# Instructions to follow:
Scan the lines below for the string "false" and copy every one that has it.

··· Given records ···

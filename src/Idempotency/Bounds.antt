-- ===== src/Idempotency/Bounds.antt =====
-- internal/transport/http/idempotency.go: the cache stays within its capacity, and what it remembers.
use dispatch_lab.Prelude.{
  ℕ, ◌≤◌, ◌<◌, String, ◌≡◌, refl, ap, ◌∙◌, Bool, true, false, not, ◌&&◌, Option, none, some, List,
  [], ◌∷◌, arith, length, ltb, leb, str_eq, str_eq_iff, str_eq_refl, All, if◌then◌else◌, of_if,
  of_option,
}
use dispatch_lab.Idempotency.{
  StoredResponse, Cache, Sweep, is_expired, new_cache, get, put, evict, sweep_one, sweep_all, size,
}
use dispatch_lab.Prelude.Map.{
  has_value, lookup, insert, erase, has, lookup-insert, lookup-erase, length-insert-le,
  length-erase-le,
}

module _ {V : Type 0} where
  -- No key is the empty text.
  abbrev pub Named : List (String × V) → Type 0
  Named m = lookup "" m ≡ none

  -- Erasing a key that is there makes room.
  length-erase-lt :
      (k : String) (m : List (String × V)) (v : V)
      → lookup k m ≡ some v
      → length (erase k m) < length m
  unfolding lookup erase
  length-erase-lt k [] v h = cc h
  length-erase-lt k ((j, w) ∷ m) v h = ground (arith, length-erase-lt k m v, h, length-erase-le k m)

  length-insert-known :
      (k : String) (v w : V) (m : List (String × V))
      → lookup k m ≡ some w
      → length (insert k v m) ≡ length m
  unfolding lookup insert
  length-insert-known k v w [] h = cc h
  length-insert-known k v w ((j, x) ∷ m) h = ground (arith, length-insert-known k v w m, h)

-- The loop has made room in the map, or it has left the map alone and holds one of its keys.
pub data Swept (m : List (String × StoredResponse)) (begun : Bool) (s : Sweep) : Type 0 where
  roomier : length s.entries < length m → Swept m begun s
  untouched :
      s.entries ≡ m
      → (begun ≡ true → (str_eq s.oldest_key "" ≡ false) × (has s.oldest_key m ≡ true))
      → Swept m begun s

sweep_one-Swept :
    (ttl now : ℕ) (m : List (String × StoredResponse)) (begun : Bool) (s : Sweep) (key : String)
    (r : StoredResponse)
    → str_eq key "" ≡ false
    → has key m ≡ true
    → (str_eq s.oldest_key "" ≡ false → begun ≡ true)
    → Swept m begun s
    → Swept m true (sweep_one ttl now s key r)
unfolding sweep_one
sweep_one-Swept ttl now m begun s key r named known b (roomier h) =
    of_if (Swept m true) (is_expired ttl now r) _ _
      (λ _. roomier (omega (arith, h, length-erase-le key s.entries)))
      λ _.
        of_if (Swept m true) (str_eq s.oldest_key "") _ _ (λ _. roomier h)
          λ _.
            of_if (Swept m true) (ltb r.stored_at s.oldest_at) _ _ (λ _. roomier h) (λ _. roomier h)
sweep_one-Swept ttl now m begun s key r named known b (untouched e h) =
    of_if (Swept m true) (is_expired ttl now r) _ _
      (λ _. let (v, q) = has_value key m known in roomier (rw e (length-erase-lt key m v q)))
      λ _.
        of_if (Swept m true) (str_eq s.oldest_key "") _ _ (λ _. untouched e (λ _. (named, known)))
          λ held.
            of_if (Swept m true) (ltb r.stored_at s.oldest_at) _ _
              (λ _. untouched e (λ _. (named, known))) (λ _. untouched e (λ _. h (b held)))

-- What the loop is told of an entry.
abbrev Listed : List (String × StoredResponse) → String × StoredResponse → Type 0
Listed m (k, r) = (str_eq k "" ≡ false) × (has k m ≡ true)

All-Listed :
    (m es : List (String × StoredResponse))
    → Named m
    → ((k : String) → has k es ≡ true → has k m ≡ true)
    → All (Listed m) es
unfolding lookup
All-Listed m [] n h = tt
All-Listed m ((k, r) ∷ es) n h = (
  (ground (arith, h k, str_eq_iff k "", str_eq_refl k, n), h k (ground (arith, str_eq_refl k))),
  All-Listed m es n (λ j q. h j (ground (arith, q))),
)

sweep_all-Swept :
    (ttl now : ℕ) (m : List (String × StoredResponse)) (s : Sweep)
    (es : List (String × StoredResponse))
    → All (Listed m) es
    → Swept m true s
    → Swept m true (sweep_all ttl now s es)
unfolding sweep_all
sweep_all-Swept ttl now m s [] a w = w
sweep_all-Swept ttl now m s ((k, r) ∷ es) a w =
    sweep_all-Swept ttl now m (sweep_one ttl now s k r) es a.1
      (sweep_one-Swept ttl now m true s k r a.0.0 a.0.1 (λ _. refl) w)

-- A key that is not there stays away.
sweep_all-absent :
    (ttl now : ℕ) (k : String) (s : Sweep) (es : List (String × StoredResponse))
    → lookup k s.entries ≡ none
    → lookup k (sweep_all ttl now s es).entries ≡ none
unfolding sweep_all sweep_one
sweep_all-absent ttl now k s [] h = h
sweep_all-absent ttl now k s ((j, r) ∷ es) h =
    sweep_all-absent ttl now k (sweep_one ttl now s j r) es (
      of_if (λ (t : Sweep). lookup k t.entries ≡ none) (is_expired ttl now r) _ _
        (λ _. lookup-erase j k s.entries ∙ ground (arith, h))
        λ _.
          of_if (λ (t : Sweep). lookup k t.entries ≡ none) (str_eq s.oldest_key "") _ _ (λ _. h)
            λ _.
              of_if (λ (t : Sweep). lookup k t.entries ≡ none) (ltb r.stored_at s.oldest_at) _ _
                (λ _. h) (λ _. h))

-- A cache within its capacity.
pub record Valid (c : Cache) : Type 0 where
  pub some_room : 0 < c.max
  pub fits : length c.entries ≤ c.max
  pub named : Named c.entries

evicted :
    (c : Cache) (s : Sweep)
    → 0 < c.max
    → length c.entries ≤ c.max
    → Swept c.entries true s
    → length (
        if leb c.max (length s.entries) && not (str_eq s.oldest_key "")
        then erase s.oldest_key s.entries
        else s.entries)
      < c.max
evicted c s room fits (roomier h) =
    ground (arith, room, fits, h, length-erase-le s.oldest_key s.entries)
evicted c s room fits (untouched e h) =
    let (held, there) = h refl in
    let (v, q) = has_value s.oldest_key s.entries (rw e there) in
    ground (arith, fits, held, ap length e, length-erase-lt s.oldest_key s.entries v q)

whole-Swept :
    (ttl now : ℕ) (m : List (String × StoredResponse))
    → Named m
    → 0 < length m
    → Swept m true (sweep_all ttl now (record { entries = m; oldest_key = ""; oldest_at = 0 }) m)
unfolding sweep_all
whole-Swept ttl now [] n h = absurd (omega (arith, h))
whole-Swept ttl now ((k, r) ∷ es) n h =
    let m : List (String × StoredResponse) = (k, r) ∷ es in
    let start : Sweep = record { entries = m; oldest_key = ""; oldest_at = 0 } in
    let a = All-Listed m m n (λ j q. q) in
    sweep_all-Swept ttl now m (sweep_one ttl now start k r) es a.1 (
      sweep_one-Swept ttl now m false start k r a.0.0 a.0.1 (λ q. cc (q, str_eq_refl ""))
        (untouched refl (λ q. cc q)))

evict-fits :
    (c : Cache) (now : ℕ)
    → Valid c
    → c.max ≤ length c.entries
    → length (evict c now).entries < c.max
unfolding evict
evict-fits c now v full =
    evicted c _ v.some_room v.fits
      (whole-Swept c.ttl now c.entries v.named (omega (arith, v.some_room, full)))

evict-Named : (c : Cache) (now : ℕ) → Named c.entries → Named (evict c now).entries
unfolding evict
evict-Named c now n =
    let start : Sweep = record { entries = c.entries; oldest_key = ""; oldest_at = 0 } in
    let s = sweep_all c.ttl now start c.entries in
    let absent = sweep_all-absent c.ttl now "" start c.entries n in
    of_if Named (leb c.max (length s.entries) && not (str_eq s.oldest_key "")) _ _
      (λ _. lookup-erase s.oldest_key "" s.entries ∙ ground (arith, absent)) (λ _. absent)

-- One call of the cache, at a reading of the clock.
pub data Call : Type 0 where
  get_call : (now : ℕ) (key : String) → Call
  put_call : (now : ℕ) (key : String) (response : StoredResponse) → Call

abbrev pub is_named : Call → Bool
is_named (get_call now key) = true
is_named (put_call now key response) = not (str_eq key "")

abbrev pub call : Cache → Call → Cache
call c (get_call now key) = (get c now key).0
call c (put_call now key response) = put c now key response

abbrev pub calls : Cache → List Call → Cache
calls c [] = c
calls c (x ∷ xs) = calls (call c x) xs

stored-Valid :
    (c : Cache) (key : String) (r : StoredResponse)
    → 0 < c.max
    → length c.entries < c.max
    → Named c.entries
    → str_eq key "" ≡ false
    → Valid (record c { entries = insert key r c.entries })
stored-Valid c key r room fits named k = record {
  some_room = room;
  fits = omega (arith, fits, length-insert-le key r c.entries);
  named = ground (arith, lookup-insert key "" r c.entries, named, k);
}

call-Valid : (c : Cache) (x : Call) → Valid c → is_named x ≡ true → Valid (call c x)
unfolding get put evict
call-Valid c (get_call now key) v n =
    of_option (λ (p : Cache × Option StoredResponse). Valid p.0) (lookup key c.entries) _ _ (λ _. v)
      λ r _.
        of_if (λ (p : Cache × Option StoredResponse). Valid p.0) (is_expired c.ttl now r) _ _
          (λ _. record {
            some_room = v.some_room;
            fits = omega (arith, v.fits, length-erase-le key c.entries);
            named = lookup-erase key "" c.entries ∙ ground (arith, v.named);
          })
          (λ _. v)
call-Valid c (put_call now key response) v n =
    let r = record response { stored_at = now } in
    of_if (λ (d : Cache). Valid (record d { entries = insert key r d.entries }))
      (leb c.max (length c.entries)) _ _
      (λ full.
        stored-Valid (evict c now) key r v.some_room (evict-fits c now v (ground (arith, full)))
          (evict-Named c now v.named) (ground (arith, n)))
      (λ room. stored-Valid c key r v.some_room (ground (arith, room)) v.named (ground (arith, n)))

calls-Valid :
    (c : Cache) (xs : List Call) → Valid c → All (λ x. is_named x ≡ true) xs → Valid (calls c xs)
calls-Valid c [] v a = v
calls-Valid c (x ∷ xs) v a = calls-Valid (call c x) xs (call-Valid c x v a.0) a.1

call-max : (c : Cache) (x : Call) → (call c x).max ≡ c.max
unfolding get put evict
call-max c (get_call now key) =
    of_option (λ (p : Cache × Option StoredResponse). p.0.max ≡ c.max) (lookup key c.entries) _ _
      (λ _. refl)
      λ r _.
        of_if (λ (p : Cache × Option StoredResponse). p.0.max ≡ c.max) (is_expired c.ttl now r) _ _
          (λ _. refl) (λ _. refl)
call-max c (put_call now key response) =
    of_if (λ (d : Cache). d.max ≡ c.max) (leb c.max (length c.entries)) _ _ (λ _. refl) (λ _. refl)

calls-max : (c : Cache) (xs : List Call) → (calls c xs).max ≡ c.max
calls-max c [] = refl
calls-max c (x ∷ xs) = calls-max (call c x) xs ∙ call-max c x

new-Valid : (ttl max : ℕ) → Valid (new_cache ttl max)
unfolding new_cache lookup
new-Valid ttl max = record { some_room = ground arith; fits = ground arith; named = refl }

-- After every sequence of reads and writes, at any readings of the clock, the cache holds at most
-- as many outcomes as its capacity, as long as no outcome is written under the empty key.
pub size-calls :
    (ttl max : ℕ) (xs : List Call)
    → All (λ x. is_named x ≡ true) xs
    → size (calls (new_cache ttl max) xs) ≤ (new_cache ttl max).max
unfolding size
size-calls ttl max xs a =
    let v = calls-Valid (new_cache ttl max) xs (new-Valid ttl max) a in
    rw (calls-max (new_cache ttl max) xs) at v.fits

···

# Exercise solution:
  ℕ, ◌≤◌, ◌<◌, String, ◌≡◌, refl, ap, ◌∙◌, Bool, true, false, not, ◌&&◌, Option, none, some, List,
      → (begun ≡ true → (str_eq s.oldest_key "" ≡ false) × (has s.oldest_key m ≡ true))
    → str_eq key "" ≡ false
    → (str_eq s.oldest_key "" ≡ false → begun ≡ true)
Listed m (k, r) = (str_eq k "" ≡ false) × (has k m ≡ true)
      sweep_one-Swept ttl now m false start k r a.0.0 a.0.1 (λ q. cc (q, str_eq_refl ""))
    → str_eq key "" ≡ false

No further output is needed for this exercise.